### Given data
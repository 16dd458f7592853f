-- ===== src/Webhooks.antt =====
-- modules/webhooks/webhooks.service.ts: Paystack's signed events, each processed once at most.
pub mod Frame
pub mod Laws
pub mod Retried
mod Examples
use meduman_backend.Prelude.{
  ltb, if◌then◌else◌, or_else, or_option, ◌===◌, concat, ℕ, ◌+◌, ◌*◌, String, Bool, true, false,
  not, Option, none, some, [], ◌∷◌,
}
use meduman_backend.Store.Rows.{WebhookEvent}
use meduman_backend.Store.World.{webhook_table}
use meduman_backend.Store.Action.{
  unauthorized, plain, unique, Result, ok, err, Action, pure, throw, gets, or_throw, ◌>>=◌, ◌>>◌,
  throw_if, draw, insert_unique, update, message, attempt, truthy,
}
use meduman_backend.Machine.{event_type}
use meduman_backend.Paystack.{Provider}
use meduman_backend.Payouts.Settle.{
  mark_paid, Failure, failed_transfer, reversed_transfer, mark_failed,
}
use meduman_backend.Payments.{by_webhook, handle_charge_success}
use meduman_backend.Payments.Collect.{attach_dedicated_account}

-- The fields of `PaystackWebhookPayload` that are read; the `data` that is missing is a payload without them, and
-- an `id` that is a number is its numeral.
pub record PaystackWebhookPayload : Type 0 where
  pub event : String
  pub id : Option String
  pub reference : Option String
  pub transfer_code : Option String
  pub status : Option String
  pub reason : Option String
  pub customer_code : Option String
  pub account_id : Option String
  pub account_number : Option String
  pub bank_name : Option String
  pub paid_at : Option String
  pub created_at : Option String
  pub created_at_camel : Option String

-- What is answered with status 200.
pub data WebhookResult : Type 0 where
  stale_event duplicate_event : WebhookResult
  handled_event : (handled : Bool) → WebhookResult

-- The code that is not under src/: the HMAC check of node:crypto, `JSON.parse` (`none` where it throws), and
-- `Date.parse` in milliseconds (`none` for NaN).
pub record Platform : Type 0 where
  pub signature_valid : (raw_body signature : String) → Bool
  pub parse_body : String → Option PaystackWebhookPayload
  pub parse_date : String → Option ℕ

-- `${payload.event}:${data.id ?? data.reference ?? 'unknown'}`
unfoldable pub provider_event_id : PaystackWebhookPayload → String
provider_event_id payload =
    concat (payload.event ∷ ":" ∷ or_else payload.id (or_else payload.reference "unknown") ∷ [])

abbrev pub has_event_id : String → WebhookEvent → Bool
has_event_id event_id e = e.provider_event_id === event_id

abbrev pub has_row_id : String → WebhookEvent → Bool
has_row_id id e = e.id === id

abbrev pub new_event : PaystackWebhookPayload → String → WebhookEvent
new_event payload id = record {
  id = id;
  provider_event_id = provider_event_id payload;
  event_type = payload.event;
  processed_at = none;
  processing_result = none;
}

-- The `create` under the unique `providerEventId`.
unfoldable pub record_event : PaystackWebhookPayload → Action WebhookEvent
record_event payload = do
  id ← draw
  insert_unique webhook_table (has_event_id (provider_event_id payload)) (new_event payload id)

abbrev pub mark_processed : ℕ → String → WebhookEvent → WebhookEvent
mark_processed now processing_result e = record e {
  processed_at = some now;
  processing_result = some processing_result;
}

-- The kinds of event that `route` tells apart.
pub data EventKind : Type 0 where
  charge_success account_assigned transfer_success transfer_failed transfer_reversed other_event :
      EventKind

unfoldable pub kind_of : String → EventKind
kind_of event =
    if event === "charge.success"
    then charge_success
    else if event === "dedicatedaccount.assign.success"
    then account_assigned
    else if event === "transfer.success"
    then transfer_success
    else if event === "transfer.failed"
    then transfer_failed
    else if event === "transfer.reversed"
    then transfer_reversed
    else other_event

module _ (platform : Platform) (max_age_seconds : ℕ) where
  abbrev older : ℕ → Option ℕ → Bool
  older now none = false
  older now (some ts) = ltb (ts + max_age_seconds * 1000) now

  abbrev stale_stamp : ℕ → Option String → Bool
  stale_stamp now none = false
  stale_stamp now (some stamp) = older now (platform.parse_date stamp)

  -- `isStale`
  unfoldable pub is_stale : ℕ → PaystackWebhookPayload → Bool
  is_stale now payload =
      stale_stamp now
        (truthy (or_option payload.paid_at (or_option payload.created_at payload.created_at_camel)))

module _ (provider : Provider) where
  abbrev pub route_charge : PaystackWebhookPayload → Option String → Action Bool
  route_charge payload none = pure false
  route_charge payload (some reference) =
      handle_charge_success provider reference (truthy payload.customer_code) by_webhook

abbrev pub route_account : PaystackWebhookPayload → Option String → Option String → Action Bool
route_account payload (some customer_code) (some account_number) = do
  attach_dedicated_account customer_code account_number (or_else payload.bank_name "bank")
      payload.account_id
  pure true
route_account payload _ _ = pure false

abbrev pub route_paid : Option String → Option String → Action Bool
route_paid (some reference) (some transfer_code) = do mark_paid reference transfer_code; pure true
route_paid _ _ = pure false

abbrev pub failure_reason : PaystackWebhookPayload → String
failure_reason payload =
    or_else payload.reason
      (or_else payload.status (concat ("Paystack reported " ∷ payload.event ∷ [])))

abbrev pub route_failed : Failure → PaystackWebhookPayload → Option String → Action Bool
route_failed status payload none = pure false
route_failed status payload (some reference) = do
  mark_failed reference status (failure_reason payload)
  pure true

-- The update of the row after `route`, and the error on where there was one.
abbrev pub note_outcome : String → Result Bool → Action WebhookResult
note_outcome id (ok handled) = do
  now ← gets (λ w. w.now)
  update webhook_table (has_row_id id) (mark_processed now (if handled then "ok" else "unhandled"))
  pure (handled_event handled)
note_outcome id (err e) = do
  now ← gets (λ w. w.now)
  update webhook_table (has_row_id id) (mark_processed now (concat ("error: " ∷ message e ∷ [])))
  throw e

module _ (provider : Provider) where
  abbrev pub route_kind : EventKind → PaystackWebhookPayload → Action Bool
  route_kind charge_success payload = route_charge provider payload (truthy payload.reference)
  route_kind account_assigned payload =
      route_account payload (truthy payload.customer_code) (truthy payload.account_number)
  route_kind transfer_success payload =
      route_paid (truthy payload.reference) (truthy payload.transfer_code)
  route_kind transfer_failed payload =
      route_failed failed_transfer payload (truthy payload.reference)
  route_kind transfer_reversed payload =
      route_failed reversed_transfer payload (truthy payload.reference)
  route_kind other_event payload = pure false

  -- `route`
  unfoldable pub route : PaystackWebhookPayload → Action Bool
  route payload = route_kind (kind_of payload.event) payload

  -- What `handlePaystackEvent` does once the event is recorded, or is known.
  abbrev pub process : PaystackWebhookPayload → Result WebhookEvent → Action WebhookResult
  process payload (ok row) = do outcome ← attempt (route payload); note_outcome row.id outcome
  process payload (err (unique m)) = pure duplicate_event
  process payload (err e) = throw e

  unfoldable pub handle_fresh : PaystackWebhookPayload → Action WebhookResult
  handle_fresh payload = do recorded ← attempt (record_event payload); process payload recorded

module _ (platform : Platform) (max_age_seconds : ℕ) (provider : Provider) where
  -- `handlePaystackEvent`
  unfoldable pub handle_paystack_event : String → String → Action WebhookResult
  handle_paystack_event raw_body signature = do
    throw_if (not (platform.signature_valid raw_body signature))
        (unauthorized "Invalid webhook signature")
    payload ← or_throw (platform.parse_body raw_body) (plain "SyntaxError")
    now ← gets (λ w. w.now)
    if is_stale platform max_age_seconds now payload
        then pure stale_event
        else handle_fresh provider payload
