-- ===== src/Webhooks/Frame.antt =====
-- What webhooks.service.ts dispatches to writes no row of the table of webhook events.
use meduman_backend.Prelude.{
  or_else, String, ◌≡◌, ap, ◌∙◌, inl, inr, Bool, true, false, Option, none, some, List, arith,
}
use meduman_backend.Store.Rows.{Payment, Payout, WebhookEvent}
use meduman_backend.Store.World.{World, payment_table, payout_table}
use meduman_backend.Store.Action.{gets, or_throw, select, update, truthy, result_of, Result-cases}
use meduman_backend.Store.Keeps.{
  Keeps, Keeps-pure, Keeps-throw, Keeps-gets, Keeps-or_throw, Keeps-if, Keeps-select, Keeps-bind,
  Keeps-seq,
}
use meduman_backend.Transactions.{ApplyTransitionInput, apply}
use meduman_backend.Transactions.Apply.{apply_error_unchanged, refused, apply-Applied}
use meduman_backend.Paystack.{Charge, Provider, verify_transaction}
use meduman_backend.Payouts.{has_key, is_success}
use meduman_backend.Payouts.Settle.{
  payout_not_found, settled_transition, mark_success, mark_paid, Failure, failed_transfer,
  reversed_transfer, mark_failed,
}
use meduman_backend.Invoices.Lifecycle.{write_audit, mark_paid_by_transaction}
use meduman_backend.Payments.{
  TrustedPaymentSource, by_webhook, has_payment_id, has_reference, is_paid, notify_protected,
  protect_transition, mark_verified, protect_payment, act_on_charge, heal_invoice,
  verify_and_protect_payment, resolve_dva_payment, protect_resolved, charge_of_customer,
  charge_unless_hosted, handle_charge_success,
}
use meduman_backend.Payments.Collect.{attach_dedicated_account}
use meduman_backend.Webhooks.{
  PaystackWebhookPayload, EventKind, charge_success, account_assigned, transfer_success,
  transfer_failed, transfer_reversed, other_event, kind_of, route_charge, route_account, route_paid,
  failure_reason, route_failed, route_kind, route,
}

abbrev pub SameEvents : List WebhookEvent → World → Type 0
SameEvents events w = w.webhook_events ≡ events

module _ (events : List WebhookEvent) where
  apply-Keeps : (input : ApplyTransitionInput) → Keeps (SameEvents events) (apply input)
  apply-Keeps input = record {
    at = λ w h. elim (Result-cases (result_of (apply input) w)) [
      | inl (row, moved) ↦
          let (outbound, drawn, jobs, written) = (apply-Applied input w row moved).written in
          ap (λ (v : World). v.webhook_events) written ∙ h
      | inr (e, refused) ↦
          ap (λ (v : World). v.webhook_events) (apply_error_unchanged input w e refused) ∙ h
    ];
  }

  update_payment-Keeps :
      (p : Payment → Bool) (f : Payment → Payment)
      → Keeps (SameEvents events) (update payment_table p f)
  update_payment-Keeps p f = record { at = λ w h. ground (arith, h) }

  update_payout-Keeps :
      (p : Payout → Bool) (f : Payout → Payout)
      → Keeps (SameEvents events) (update payout_table p f)
  update_payout-Keeps p f = record { at = λ w h. ground (arith, h) }

  mark_paid_by_transaction-Keeps :
      (id : String) → Keeps (SameEvents events) (mark_paid_by_transaction id)
  unfolding mark_paid_by_transaction write_audit
  mark_paid_by_transaction-Keeps id = record { at = λ w h. ground (arith, h) }

  notify_protected-Keeps : (id : String) → Keeps (SameEvents events) (notify_protected id)
  unfolding notify_protected
  notify_protected-Keeps id = record { at = λ w h. ground (arith, h) }

  heal_invoice-Keeps : (p : Payment) → Keeps (SameEvents events) (heal_invoice p)
  unfolding heal_invoice
  heal_invoice-Keeps p =
      Keeps-seq (mark_paid_by_transaction p.transaction_id) _
        (mark_paid_by_transaction-Keeps p.transaction_id) (Keeps-pure p)

  protect_payment-Keeps :
      (p : Payment) (reference : String) (source : TrustedPaymentSource)
      → Keeps (SameEvents events) (protect_payment p reference source)
  unfolding protect_payment
  protect_payment-Keeps p reference source = Keeps-bind (gets (λ w. w.now)) _ (Keeps-gets _) (λ now.
      Keeps-bind (update payment_table (has_payment_id p.id) (mark_verified now)) _
        (update_payment-Keeps _ _)
        (λ updated. Keeps-seq (apply (protect_transition p reference source)) _ (apply-Keeps _) (
          Keeps-seq (mark_paid_by_transaction p.transaction_id) _ (mark_paid_by_transaction-Keeps _)
            (Keeps-seq (notify_protected p.transaction_id) _ (notify_protected-Keeps _)
              (Keeps-pure updated)))))

  act_on_charge-Keeps :
      (p : Payment) (reference : String) (source : TrustedPaymentSource) (charge : Charge)
      → Keeps (SameEvents events) (act_on_charge p reference source charge)
  unfolding act_on_charge
  act_on_charge-Keeps p reference source charge =
      Keeps-if _ _ _ (update_payment-Keeps _ _)
        (Keeps-if _ _ _ (Keeps-throw _) (protect_payment-Keeps p reference source))

  resolve_dva_payment-Keeps :
      (customer_code reference : String)
      → Keeps (SameEvents events) (resolve_dva_payment customer_code reference)
  unfolding resolve_dva_payment
  resolve_dva_payment-Keeps customer_code reference = record { at = λ w h. ground (arith, h) }

  attach_dedicated_account-Keeps :
      (a b c : String) (d : Option String)
      → Keeps (SameEvents events) (attach_dedicated_account a b c d)
  unfolding attach_dedicated_account
  attach_dedicated_account-Keeps a b c d = record { at = λ w h. ground (arith, h) }

  mark_failed-Keeps :
      (key : String) (status : Failure) (reason : String)
      → Keeps (SameEvents events) (mark_failed key status reason)
  unfolding mark_failed
  mark_failed-Keeps key status reason = record { at = λ w h. ground (arith, h) }

  mark_paid-Keeps : (key code : String) → Keeps (SameEvents events) (mark_paid key code)
  unfolding mark_paid
  mark_paid-Keeps key code =
      Keeps-bind (select payout_table (has_key key)) _ (Keeps-select payout_table _) (λ found.
        Keeps-bind (or_throw found (payout_not_found key)) _ (Keeps-or_throw _ _) (λ p.
          Keeps-if (is_success p.status) _ _ (Keeps-pure p) (
            Keeps-bind (update payout_table (has_key key) (mark_success code)) _
              (update_payout-Keeps _ _)
              (λ updated.
                Keeps-seq (apply (settled_transition p key code)) _ (apply-Keeps _)
                  (Keeps-pure updated)))))

  module _ (provider : Provider) where
    verify_and_protect_payment-Keeps :
        (p : Payment) (reference : String) (source : TrustedPaymentSource)
        → Keeps (SameEvents events) (verify_and_protect_payment provider p reference source)
    unfolding verify_and_protect_payment verify_transaction
    verify_and_protect_payment-Keeps p reference source =
        Keeps-if (is_paid p.status) _ _ (heal_invoice-Keeps p) (
          Keeps-bind (verify_transaction provider reference) _ (record { at = λ w h. h })
            (λ charge. act_on_charge-Keeps p reference source charge))

    protect_resolved-Keeps :
        (reference : String) (source : TrustedPaymentSource) (o : Option Payment)
        → Keeps (SameEvents events) (protect_resolved provider reference source o)
    protect_resolved-Keeps reference source none = Keeps-pure false
    protect_resolved-Keeps reference source (some p) =
        Keeps-seq (verify_and_protect_payment provider p reference source) _
          (verify_and_protect_payment-Keeps p reference source) (Keeps-pure true)

    charge_of_customer-Keeps :
        (reference : String) (source : TrustedPaymentSource) (o : Option String)
        → Keeps (SameEvents events) (charge_of_customer provider reference source o)
    charge_of_customer-Keeps reference source none = Keeps-pure false
    charge_of_customer-Keeps reference source (some code) =
        Keeps-bind (resolve_dva_payment code reference) _ (resolve_dva_payment-Keeps code reference)
          (λ o. protect_resolved-Keeps reference source o)

    charge_unless_hosted-Keeps :
        (reference : String) (source : TrustedPaymentSource) (code : Option String)
        (o : Option Payment)
        → Keeps (SameEvents events) (charge_unless_hosted provider reference source code o)
    charge_unless_hosted-Keeps reference source code (some p) =
        protect_resolved-Keeps reference source (some p)
    charge_unless_hosted-Keeps reference source code none =
        charge_of_customer-Keeps reference source (truthy code)

    handle_charge_success-Keeps :
        (reference : String) (code : Option String) (source : TrustedPaymentSource)
        → Keeps (SameEvents events) (handle_charge_success provider reference code source)
    unfolding handle_charge_success
    handle_charge_success-Keeps reference code source =
        Keeps-bind (select payment_table (has_reference reference)) _ (Keeps-select payment_table _)
          (λ o. charge_unless_hosted-Keeps reference source code o)

    route_charge-Keeps :
        (payload : PaystackWebhookPayload) (o : Option String)
        → Keeps (SameEvents events) (route_charge provider payload o)
    route_charge-Keeps payload none = Keeps-pure false
    route_charge-Keeps payload (some reference) =
        handle_charge_success-Keeps reference (truthy payload.customer_code) by_webhook

  route_account-Keeps :
      (payload : PaystackWebhookPayload) (a b : Option String)
      → Keeps (SameEvents events) (route_account payload a b)
  route_account-Keeps payload none b = Keeps-pure false
  route_account-Keeps payload (some a) none = Keeps-pure false
  route_account-Keeps payload (some a) (some b) =
      Keeps-seq (attach_dedicated_account a b (or_else payload.bank_name "bank") payload.account_id)
        _ (attach_dedicated_account-Keeps _ _ _ _) (Keeps-pure true)

  route_paid-Keeps : (a b : Option String) → Keeps (SameEvents events) (route_paid a b)
  route_paid-Keeps none b = Keeps-pure false
  route_paid-Keeps (some a) none = Keeps-pure false
  route_paid-Keeps (some a) (some b) =
      Keeps-seq (mark_paid a b) _ (mark_paid-Keeps a b) (Keeps-pure true)

  route_failed-Keeps :
      (status : Failure) (payload : PaystackWebhookPayload) (o : Option String)
      → Keeps (SameEvents events) (route_failed status payload o)
  route_failed-Keeps status payload none = Keeps-pure false
  route_failed-Keeps status payload (some reference) =
      Keeps-seq (mark_failed reference status (failure_reason payload)) _ (mark_failed-Keeps _ _ _)
        (Keeps-pure true)

  module _ (provider : Provider) where
    route_kind-Keeps :
        (kind : EventKind) (payload : PaystackWebhookPayload)
        → Keeps (SameEvents events) (route_kind provider kind payload)
    route_kind-Keeps charge_success payload =
        route_charge-Keeps provider payload (truthy payload.reference)
    route_kind-Keeps account_assigned payload =
        route_account-Keeps payload (truthy payload.customer_code) (truthy payload.account_number)
    route_kind-Keeps transfer_success payload =
        route_paid-Keeps (truthy payload.reference) (truthy payload.transfer_code)
    route_kind-Keeps transfer_failed payload =
        route_failed-Keeps failed_transfer payload (truthy payload.reference)
    route_kind-Keeps transfer_reversed payload =
        route_failed-Keeps reversed_transfer payload (truthy payload.reference)
    route_kind-Keeps other_event payload = Keeps-pure false

    -- No event that Paystack sends touches the record of the events before it.
    pub route-Keeps :
        (payload : PaystackWebhookPayload) → Keeps (SameEvents events) (route provider payload)
    unfolding route
    route-Keeps payload = route_kind-Keeps (kind_of payload.event) payload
######
▸ Work task
Every line of the listing that holds "Transactions" should be found and copied.

▸ Answer box
use meduman_backend.Transactions.{ApplyTransitionInput, apply}
use meduman_backend.Transactions.Apply.{apply_error_unchanged, refused, apply-Applied}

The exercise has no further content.